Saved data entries

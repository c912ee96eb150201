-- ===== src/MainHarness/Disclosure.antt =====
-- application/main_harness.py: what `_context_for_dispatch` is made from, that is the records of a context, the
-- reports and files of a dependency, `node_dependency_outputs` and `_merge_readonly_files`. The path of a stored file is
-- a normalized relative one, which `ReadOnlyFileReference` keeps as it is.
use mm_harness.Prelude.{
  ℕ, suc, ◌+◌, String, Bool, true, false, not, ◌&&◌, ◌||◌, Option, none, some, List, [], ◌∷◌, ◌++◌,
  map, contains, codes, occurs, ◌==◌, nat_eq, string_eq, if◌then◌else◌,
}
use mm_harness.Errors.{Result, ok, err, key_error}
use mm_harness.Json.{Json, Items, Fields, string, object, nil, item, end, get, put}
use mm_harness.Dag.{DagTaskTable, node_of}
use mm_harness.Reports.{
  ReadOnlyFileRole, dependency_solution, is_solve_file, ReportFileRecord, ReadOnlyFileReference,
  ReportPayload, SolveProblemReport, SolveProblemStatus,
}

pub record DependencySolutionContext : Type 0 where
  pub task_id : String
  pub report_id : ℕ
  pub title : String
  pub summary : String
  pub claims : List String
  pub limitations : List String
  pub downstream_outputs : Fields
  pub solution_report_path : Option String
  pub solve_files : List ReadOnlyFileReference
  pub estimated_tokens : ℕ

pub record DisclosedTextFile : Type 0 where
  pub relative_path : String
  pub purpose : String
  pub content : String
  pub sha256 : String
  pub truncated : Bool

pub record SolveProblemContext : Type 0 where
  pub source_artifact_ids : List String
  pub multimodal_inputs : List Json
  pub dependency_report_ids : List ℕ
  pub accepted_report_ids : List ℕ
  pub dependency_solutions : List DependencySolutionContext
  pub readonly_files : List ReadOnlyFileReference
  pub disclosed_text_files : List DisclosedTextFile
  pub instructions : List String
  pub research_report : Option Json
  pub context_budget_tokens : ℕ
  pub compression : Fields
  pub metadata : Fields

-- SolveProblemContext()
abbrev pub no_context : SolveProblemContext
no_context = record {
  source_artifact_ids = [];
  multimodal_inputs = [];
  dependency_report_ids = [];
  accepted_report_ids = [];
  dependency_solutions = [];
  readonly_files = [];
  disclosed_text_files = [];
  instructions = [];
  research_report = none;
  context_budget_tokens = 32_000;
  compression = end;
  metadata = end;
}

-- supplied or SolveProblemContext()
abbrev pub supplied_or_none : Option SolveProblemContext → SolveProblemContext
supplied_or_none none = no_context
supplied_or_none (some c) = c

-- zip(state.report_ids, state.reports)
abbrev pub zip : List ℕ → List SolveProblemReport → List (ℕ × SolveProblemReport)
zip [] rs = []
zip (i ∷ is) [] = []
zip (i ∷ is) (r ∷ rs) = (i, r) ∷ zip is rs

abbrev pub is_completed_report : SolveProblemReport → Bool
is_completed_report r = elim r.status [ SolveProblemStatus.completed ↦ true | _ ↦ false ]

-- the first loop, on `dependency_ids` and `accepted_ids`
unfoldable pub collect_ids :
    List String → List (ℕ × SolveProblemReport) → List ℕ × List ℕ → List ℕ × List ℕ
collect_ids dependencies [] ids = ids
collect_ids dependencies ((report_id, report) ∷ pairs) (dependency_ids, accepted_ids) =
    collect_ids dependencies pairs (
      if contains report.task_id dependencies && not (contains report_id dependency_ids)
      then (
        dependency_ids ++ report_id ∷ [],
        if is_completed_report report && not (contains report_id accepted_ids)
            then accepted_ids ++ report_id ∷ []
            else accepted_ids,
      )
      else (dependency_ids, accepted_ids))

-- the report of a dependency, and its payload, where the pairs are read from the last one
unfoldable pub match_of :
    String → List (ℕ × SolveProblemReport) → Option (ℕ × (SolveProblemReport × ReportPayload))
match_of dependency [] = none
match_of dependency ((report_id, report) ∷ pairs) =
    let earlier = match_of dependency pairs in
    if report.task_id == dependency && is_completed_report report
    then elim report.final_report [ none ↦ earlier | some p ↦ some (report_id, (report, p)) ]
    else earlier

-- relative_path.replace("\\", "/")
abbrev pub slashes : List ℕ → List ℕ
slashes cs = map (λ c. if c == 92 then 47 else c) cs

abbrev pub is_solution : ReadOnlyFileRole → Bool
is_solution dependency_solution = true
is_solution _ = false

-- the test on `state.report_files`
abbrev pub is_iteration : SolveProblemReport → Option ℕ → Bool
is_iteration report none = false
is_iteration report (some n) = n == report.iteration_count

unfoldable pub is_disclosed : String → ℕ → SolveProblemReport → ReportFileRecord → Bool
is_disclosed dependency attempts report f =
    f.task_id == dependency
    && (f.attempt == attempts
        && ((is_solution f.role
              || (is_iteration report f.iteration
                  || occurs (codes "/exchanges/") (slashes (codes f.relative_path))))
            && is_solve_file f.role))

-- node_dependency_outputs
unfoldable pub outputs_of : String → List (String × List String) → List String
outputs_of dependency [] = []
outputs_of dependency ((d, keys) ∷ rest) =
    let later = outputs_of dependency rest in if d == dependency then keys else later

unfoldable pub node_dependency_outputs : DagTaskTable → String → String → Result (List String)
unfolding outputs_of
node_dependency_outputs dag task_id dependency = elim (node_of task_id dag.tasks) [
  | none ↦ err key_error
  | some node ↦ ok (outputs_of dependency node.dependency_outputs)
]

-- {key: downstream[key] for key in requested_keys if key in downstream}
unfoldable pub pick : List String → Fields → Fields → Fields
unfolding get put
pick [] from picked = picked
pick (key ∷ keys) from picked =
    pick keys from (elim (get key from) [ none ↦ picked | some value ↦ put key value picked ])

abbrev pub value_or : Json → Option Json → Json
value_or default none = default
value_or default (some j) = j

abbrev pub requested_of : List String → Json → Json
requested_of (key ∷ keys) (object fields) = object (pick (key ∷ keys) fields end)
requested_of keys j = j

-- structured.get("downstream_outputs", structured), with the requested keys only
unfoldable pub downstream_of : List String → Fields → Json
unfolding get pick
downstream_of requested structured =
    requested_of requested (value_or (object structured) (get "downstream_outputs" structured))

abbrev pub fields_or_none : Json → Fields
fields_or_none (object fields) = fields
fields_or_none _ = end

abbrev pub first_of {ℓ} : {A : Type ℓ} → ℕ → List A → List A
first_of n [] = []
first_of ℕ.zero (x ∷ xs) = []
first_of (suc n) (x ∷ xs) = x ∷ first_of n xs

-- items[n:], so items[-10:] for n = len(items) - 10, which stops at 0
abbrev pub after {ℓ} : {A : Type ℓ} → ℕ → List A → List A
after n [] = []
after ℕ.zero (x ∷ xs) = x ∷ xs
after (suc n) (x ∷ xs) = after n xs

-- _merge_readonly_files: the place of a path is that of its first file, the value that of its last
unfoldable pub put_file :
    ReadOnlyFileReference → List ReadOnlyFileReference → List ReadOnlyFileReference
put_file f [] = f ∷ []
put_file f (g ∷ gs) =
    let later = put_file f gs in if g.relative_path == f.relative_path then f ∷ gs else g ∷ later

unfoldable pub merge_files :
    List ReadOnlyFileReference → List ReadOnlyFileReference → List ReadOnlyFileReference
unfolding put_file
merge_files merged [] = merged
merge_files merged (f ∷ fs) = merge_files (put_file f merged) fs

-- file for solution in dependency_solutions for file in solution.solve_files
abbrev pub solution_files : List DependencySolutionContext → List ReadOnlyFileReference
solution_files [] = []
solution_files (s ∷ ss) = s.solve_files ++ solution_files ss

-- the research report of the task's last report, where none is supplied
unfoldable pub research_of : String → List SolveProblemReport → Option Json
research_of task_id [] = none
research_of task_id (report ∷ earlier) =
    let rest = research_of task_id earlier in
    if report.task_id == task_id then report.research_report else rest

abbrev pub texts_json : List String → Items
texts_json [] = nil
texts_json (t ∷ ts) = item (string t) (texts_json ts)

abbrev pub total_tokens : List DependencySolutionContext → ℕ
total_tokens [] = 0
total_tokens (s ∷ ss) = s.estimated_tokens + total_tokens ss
==
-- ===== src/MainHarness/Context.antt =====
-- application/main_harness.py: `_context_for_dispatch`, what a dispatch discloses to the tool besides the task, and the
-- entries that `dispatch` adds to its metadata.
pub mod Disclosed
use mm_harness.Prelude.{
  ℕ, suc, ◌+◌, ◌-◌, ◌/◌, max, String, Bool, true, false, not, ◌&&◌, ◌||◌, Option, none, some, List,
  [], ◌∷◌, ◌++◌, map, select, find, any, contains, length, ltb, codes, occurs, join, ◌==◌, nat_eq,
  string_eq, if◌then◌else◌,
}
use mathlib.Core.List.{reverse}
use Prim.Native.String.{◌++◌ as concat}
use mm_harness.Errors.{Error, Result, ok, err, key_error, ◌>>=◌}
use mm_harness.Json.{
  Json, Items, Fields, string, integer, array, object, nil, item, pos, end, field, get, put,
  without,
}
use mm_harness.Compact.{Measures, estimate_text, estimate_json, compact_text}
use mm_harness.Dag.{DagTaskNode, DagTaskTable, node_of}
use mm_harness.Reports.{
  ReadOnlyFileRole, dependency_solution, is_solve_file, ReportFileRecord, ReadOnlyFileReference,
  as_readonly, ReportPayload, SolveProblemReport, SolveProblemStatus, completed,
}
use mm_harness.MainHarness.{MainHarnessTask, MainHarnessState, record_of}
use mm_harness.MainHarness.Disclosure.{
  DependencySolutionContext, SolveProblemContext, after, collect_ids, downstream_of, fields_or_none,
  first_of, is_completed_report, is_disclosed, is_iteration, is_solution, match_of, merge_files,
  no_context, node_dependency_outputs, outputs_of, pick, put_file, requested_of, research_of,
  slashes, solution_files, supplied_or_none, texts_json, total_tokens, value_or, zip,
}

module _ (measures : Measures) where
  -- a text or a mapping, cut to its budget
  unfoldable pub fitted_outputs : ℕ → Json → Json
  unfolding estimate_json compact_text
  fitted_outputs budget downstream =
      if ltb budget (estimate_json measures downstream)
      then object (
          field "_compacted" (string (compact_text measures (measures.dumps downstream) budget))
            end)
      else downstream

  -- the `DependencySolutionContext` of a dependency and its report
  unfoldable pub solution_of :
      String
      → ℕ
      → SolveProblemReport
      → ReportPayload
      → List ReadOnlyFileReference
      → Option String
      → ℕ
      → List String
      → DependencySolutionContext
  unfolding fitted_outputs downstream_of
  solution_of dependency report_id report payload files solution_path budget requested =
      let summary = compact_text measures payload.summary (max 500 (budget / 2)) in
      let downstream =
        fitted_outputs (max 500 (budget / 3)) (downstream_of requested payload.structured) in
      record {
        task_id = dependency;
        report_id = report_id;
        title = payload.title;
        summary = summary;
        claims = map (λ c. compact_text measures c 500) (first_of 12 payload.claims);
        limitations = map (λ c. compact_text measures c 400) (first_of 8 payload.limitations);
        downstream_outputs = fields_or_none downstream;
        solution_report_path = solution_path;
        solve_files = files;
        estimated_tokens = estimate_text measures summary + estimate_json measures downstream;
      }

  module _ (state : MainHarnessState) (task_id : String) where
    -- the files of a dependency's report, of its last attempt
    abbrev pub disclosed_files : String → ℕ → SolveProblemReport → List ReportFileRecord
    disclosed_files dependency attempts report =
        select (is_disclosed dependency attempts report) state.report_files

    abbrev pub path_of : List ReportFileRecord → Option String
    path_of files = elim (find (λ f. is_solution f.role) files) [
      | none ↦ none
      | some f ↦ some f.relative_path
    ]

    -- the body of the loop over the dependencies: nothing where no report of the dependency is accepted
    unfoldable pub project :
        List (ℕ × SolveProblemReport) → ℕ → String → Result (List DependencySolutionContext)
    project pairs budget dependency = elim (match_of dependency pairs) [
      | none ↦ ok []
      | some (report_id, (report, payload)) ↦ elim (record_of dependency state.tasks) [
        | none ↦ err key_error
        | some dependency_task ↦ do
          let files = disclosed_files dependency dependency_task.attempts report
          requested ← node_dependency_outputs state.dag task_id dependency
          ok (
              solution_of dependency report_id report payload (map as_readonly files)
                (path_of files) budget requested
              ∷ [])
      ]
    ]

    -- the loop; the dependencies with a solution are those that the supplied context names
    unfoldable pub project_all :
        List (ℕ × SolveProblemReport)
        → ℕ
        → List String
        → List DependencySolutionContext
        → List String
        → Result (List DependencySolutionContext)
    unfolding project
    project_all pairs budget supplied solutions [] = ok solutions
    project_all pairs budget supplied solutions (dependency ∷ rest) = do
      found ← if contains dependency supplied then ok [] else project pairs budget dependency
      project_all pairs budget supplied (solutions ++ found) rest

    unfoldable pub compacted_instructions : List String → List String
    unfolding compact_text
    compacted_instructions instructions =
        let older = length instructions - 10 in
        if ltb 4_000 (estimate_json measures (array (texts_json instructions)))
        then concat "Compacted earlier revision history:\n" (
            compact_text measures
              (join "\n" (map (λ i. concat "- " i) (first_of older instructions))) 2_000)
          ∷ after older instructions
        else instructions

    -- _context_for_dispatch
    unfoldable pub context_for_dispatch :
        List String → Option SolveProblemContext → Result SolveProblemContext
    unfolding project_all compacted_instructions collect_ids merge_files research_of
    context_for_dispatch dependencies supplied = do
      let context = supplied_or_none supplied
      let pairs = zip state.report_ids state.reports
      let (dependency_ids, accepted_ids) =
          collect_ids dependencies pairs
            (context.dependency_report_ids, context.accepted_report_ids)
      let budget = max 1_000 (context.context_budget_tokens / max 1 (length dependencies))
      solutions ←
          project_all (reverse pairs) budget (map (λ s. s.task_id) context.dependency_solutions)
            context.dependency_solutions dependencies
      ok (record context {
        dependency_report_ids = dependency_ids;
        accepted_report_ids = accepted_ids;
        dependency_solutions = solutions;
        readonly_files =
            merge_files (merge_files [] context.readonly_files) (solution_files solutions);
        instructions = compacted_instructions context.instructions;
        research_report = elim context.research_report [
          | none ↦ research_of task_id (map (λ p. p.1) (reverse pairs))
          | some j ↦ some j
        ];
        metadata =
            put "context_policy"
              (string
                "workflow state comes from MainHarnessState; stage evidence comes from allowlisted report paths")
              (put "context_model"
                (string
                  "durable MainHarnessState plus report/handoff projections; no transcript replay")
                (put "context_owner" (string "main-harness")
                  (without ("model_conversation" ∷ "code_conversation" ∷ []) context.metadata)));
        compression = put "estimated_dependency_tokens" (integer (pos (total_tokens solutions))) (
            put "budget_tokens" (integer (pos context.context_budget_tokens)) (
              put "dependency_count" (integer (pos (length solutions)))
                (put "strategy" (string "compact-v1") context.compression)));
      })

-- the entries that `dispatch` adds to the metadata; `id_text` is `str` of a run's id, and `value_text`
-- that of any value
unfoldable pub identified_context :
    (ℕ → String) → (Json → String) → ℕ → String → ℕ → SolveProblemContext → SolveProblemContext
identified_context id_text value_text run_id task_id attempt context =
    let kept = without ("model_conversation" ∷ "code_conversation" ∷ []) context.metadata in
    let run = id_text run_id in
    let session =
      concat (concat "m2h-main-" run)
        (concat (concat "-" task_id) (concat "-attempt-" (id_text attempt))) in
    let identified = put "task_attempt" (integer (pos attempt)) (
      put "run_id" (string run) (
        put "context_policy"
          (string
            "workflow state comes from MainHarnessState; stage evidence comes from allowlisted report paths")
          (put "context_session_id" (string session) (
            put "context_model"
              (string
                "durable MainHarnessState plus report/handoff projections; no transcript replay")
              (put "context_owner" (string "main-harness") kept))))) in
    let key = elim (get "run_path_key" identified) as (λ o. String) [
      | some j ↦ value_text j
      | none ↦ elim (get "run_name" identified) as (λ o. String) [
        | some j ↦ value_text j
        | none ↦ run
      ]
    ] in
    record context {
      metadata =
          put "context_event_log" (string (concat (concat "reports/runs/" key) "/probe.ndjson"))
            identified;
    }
---
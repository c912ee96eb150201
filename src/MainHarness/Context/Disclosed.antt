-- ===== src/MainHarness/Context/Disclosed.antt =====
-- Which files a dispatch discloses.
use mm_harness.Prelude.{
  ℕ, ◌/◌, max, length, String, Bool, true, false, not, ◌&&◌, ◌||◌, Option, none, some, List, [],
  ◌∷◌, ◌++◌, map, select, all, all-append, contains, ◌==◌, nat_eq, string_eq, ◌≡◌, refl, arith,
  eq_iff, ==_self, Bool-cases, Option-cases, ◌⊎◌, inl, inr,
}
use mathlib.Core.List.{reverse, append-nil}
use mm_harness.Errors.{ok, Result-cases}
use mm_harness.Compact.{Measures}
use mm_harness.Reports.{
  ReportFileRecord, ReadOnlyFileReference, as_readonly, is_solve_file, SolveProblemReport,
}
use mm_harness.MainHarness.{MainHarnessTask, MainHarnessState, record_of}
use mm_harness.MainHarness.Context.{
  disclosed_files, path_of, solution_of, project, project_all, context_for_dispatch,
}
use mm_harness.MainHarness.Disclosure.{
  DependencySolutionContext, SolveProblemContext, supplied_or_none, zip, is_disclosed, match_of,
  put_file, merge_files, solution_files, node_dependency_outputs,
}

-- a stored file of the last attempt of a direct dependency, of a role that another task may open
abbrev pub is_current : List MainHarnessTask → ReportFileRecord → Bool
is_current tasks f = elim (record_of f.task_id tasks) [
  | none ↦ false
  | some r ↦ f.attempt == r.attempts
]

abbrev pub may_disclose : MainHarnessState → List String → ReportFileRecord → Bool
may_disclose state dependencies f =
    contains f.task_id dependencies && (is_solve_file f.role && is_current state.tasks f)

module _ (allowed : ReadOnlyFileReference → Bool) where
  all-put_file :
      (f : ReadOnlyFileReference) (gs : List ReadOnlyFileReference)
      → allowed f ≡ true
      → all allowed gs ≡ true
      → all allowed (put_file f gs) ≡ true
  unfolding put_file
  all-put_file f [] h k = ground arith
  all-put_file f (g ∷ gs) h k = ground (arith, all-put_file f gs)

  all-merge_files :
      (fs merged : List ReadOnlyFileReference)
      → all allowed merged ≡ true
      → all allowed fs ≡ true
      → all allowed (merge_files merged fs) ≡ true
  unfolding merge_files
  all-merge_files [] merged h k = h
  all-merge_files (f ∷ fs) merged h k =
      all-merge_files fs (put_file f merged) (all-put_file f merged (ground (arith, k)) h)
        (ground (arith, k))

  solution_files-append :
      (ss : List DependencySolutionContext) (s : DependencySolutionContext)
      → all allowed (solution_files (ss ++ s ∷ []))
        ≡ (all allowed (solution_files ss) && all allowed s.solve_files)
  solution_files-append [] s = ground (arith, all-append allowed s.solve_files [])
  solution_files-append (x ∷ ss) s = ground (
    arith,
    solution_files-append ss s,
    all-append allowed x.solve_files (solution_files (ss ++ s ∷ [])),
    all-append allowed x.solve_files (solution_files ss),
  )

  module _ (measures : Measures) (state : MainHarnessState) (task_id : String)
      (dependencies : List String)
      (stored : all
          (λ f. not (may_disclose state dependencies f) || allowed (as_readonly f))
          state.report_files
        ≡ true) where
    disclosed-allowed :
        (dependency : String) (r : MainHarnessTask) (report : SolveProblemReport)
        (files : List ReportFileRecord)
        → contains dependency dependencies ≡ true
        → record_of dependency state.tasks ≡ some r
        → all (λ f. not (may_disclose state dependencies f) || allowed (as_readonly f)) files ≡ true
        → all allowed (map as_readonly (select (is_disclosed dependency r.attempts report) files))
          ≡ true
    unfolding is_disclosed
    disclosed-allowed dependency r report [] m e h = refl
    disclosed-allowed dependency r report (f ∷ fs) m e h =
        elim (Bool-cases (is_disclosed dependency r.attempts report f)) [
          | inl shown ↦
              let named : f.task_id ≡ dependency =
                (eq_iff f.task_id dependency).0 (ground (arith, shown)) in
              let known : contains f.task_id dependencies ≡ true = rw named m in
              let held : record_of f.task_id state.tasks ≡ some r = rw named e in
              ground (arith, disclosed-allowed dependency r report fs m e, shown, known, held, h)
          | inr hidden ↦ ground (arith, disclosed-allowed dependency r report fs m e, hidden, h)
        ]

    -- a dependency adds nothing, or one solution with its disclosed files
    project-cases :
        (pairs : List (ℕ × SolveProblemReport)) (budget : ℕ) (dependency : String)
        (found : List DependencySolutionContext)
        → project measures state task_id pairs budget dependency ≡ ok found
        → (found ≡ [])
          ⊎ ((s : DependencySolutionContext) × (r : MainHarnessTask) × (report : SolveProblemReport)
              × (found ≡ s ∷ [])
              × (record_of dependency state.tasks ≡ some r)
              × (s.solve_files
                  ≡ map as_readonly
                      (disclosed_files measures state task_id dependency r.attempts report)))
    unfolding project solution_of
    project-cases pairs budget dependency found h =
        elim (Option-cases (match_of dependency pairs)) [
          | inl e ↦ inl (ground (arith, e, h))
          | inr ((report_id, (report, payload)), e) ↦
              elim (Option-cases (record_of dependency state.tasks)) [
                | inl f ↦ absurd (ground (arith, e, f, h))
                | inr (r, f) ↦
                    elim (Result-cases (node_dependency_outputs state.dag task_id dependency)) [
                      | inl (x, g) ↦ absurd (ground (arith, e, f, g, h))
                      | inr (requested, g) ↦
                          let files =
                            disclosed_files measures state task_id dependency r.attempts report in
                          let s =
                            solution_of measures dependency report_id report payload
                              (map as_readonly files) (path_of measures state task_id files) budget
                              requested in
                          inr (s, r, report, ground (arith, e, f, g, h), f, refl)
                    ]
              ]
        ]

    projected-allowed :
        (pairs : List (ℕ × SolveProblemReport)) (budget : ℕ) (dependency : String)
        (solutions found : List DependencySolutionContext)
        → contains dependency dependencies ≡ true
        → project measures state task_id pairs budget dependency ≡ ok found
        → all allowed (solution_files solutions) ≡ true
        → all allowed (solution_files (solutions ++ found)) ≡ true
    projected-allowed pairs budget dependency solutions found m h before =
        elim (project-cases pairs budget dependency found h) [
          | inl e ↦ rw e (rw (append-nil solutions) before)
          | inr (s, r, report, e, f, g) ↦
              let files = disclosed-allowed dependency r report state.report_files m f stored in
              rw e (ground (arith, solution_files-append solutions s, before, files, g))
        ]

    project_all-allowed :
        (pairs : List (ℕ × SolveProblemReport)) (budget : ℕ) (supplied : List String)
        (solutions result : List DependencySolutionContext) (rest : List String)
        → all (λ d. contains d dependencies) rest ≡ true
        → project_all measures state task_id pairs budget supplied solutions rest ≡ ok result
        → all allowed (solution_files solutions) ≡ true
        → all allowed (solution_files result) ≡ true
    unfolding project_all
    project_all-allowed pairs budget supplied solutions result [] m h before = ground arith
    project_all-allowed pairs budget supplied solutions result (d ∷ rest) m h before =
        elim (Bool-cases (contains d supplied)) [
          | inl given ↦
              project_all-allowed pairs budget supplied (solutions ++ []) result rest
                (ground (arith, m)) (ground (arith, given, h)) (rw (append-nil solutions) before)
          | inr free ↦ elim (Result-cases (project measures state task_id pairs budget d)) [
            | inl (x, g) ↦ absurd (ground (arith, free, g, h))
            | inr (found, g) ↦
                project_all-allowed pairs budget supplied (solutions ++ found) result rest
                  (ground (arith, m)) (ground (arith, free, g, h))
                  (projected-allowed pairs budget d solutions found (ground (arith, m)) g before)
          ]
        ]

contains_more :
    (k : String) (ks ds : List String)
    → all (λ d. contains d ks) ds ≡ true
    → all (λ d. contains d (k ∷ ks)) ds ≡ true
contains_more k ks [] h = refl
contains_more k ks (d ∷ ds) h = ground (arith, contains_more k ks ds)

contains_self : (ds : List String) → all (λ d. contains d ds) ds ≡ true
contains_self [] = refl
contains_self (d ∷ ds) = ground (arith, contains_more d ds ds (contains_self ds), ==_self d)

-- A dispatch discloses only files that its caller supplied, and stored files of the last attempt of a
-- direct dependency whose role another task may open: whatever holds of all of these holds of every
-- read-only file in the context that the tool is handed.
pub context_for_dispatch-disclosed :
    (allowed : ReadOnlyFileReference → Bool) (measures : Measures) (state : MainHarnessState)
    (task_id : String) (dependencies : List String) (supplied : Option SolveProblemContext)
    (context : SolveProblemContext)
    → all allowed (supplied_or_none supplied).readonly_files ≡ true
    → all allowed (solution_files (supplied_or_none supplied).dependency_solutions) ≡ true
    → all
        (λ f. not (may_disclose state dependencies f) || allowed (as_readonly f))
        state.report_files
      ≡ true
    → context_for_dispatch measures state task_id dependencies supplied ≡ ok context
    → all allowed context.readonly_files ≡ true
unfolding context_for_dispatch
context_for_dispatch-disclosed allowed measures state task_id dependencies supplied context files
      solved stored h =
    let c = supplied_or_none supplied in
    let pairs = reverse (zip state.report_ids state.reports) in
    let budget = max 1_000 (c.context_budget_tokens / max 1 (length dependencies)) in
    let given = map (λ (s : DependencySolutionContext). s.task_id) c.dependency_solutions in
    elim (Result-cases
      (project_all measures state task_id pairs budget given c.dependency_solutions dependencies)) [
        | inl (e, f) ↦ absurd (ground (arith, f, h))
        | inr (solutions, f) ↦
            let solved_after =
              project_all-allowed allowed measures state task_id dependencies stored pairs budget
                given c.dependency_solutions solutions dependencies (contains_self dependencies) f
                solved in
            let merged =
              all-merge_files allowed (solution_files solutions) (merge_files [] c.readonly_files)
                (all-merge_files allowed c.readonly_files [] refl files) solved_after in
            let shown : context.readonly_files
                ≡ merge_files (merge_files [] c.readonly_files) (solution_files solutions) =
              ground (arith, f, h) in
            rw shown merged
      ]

» What is expected
A verbatim transcription is needed of the lines above, starting at the line with "merge_files merged (f" and ending at the line with "solution_files [] = []", both included, and of nothing else.

» Your solution
merge_files merged (f ∷ fs) = merge_files (put_file f merged) fs

-- file for solution in dependency_solutions for file in solution.solve_files
abbrev pub solution_files : List DependencySolutionContext → List ReadOnlyFileReference
solution_files [] = []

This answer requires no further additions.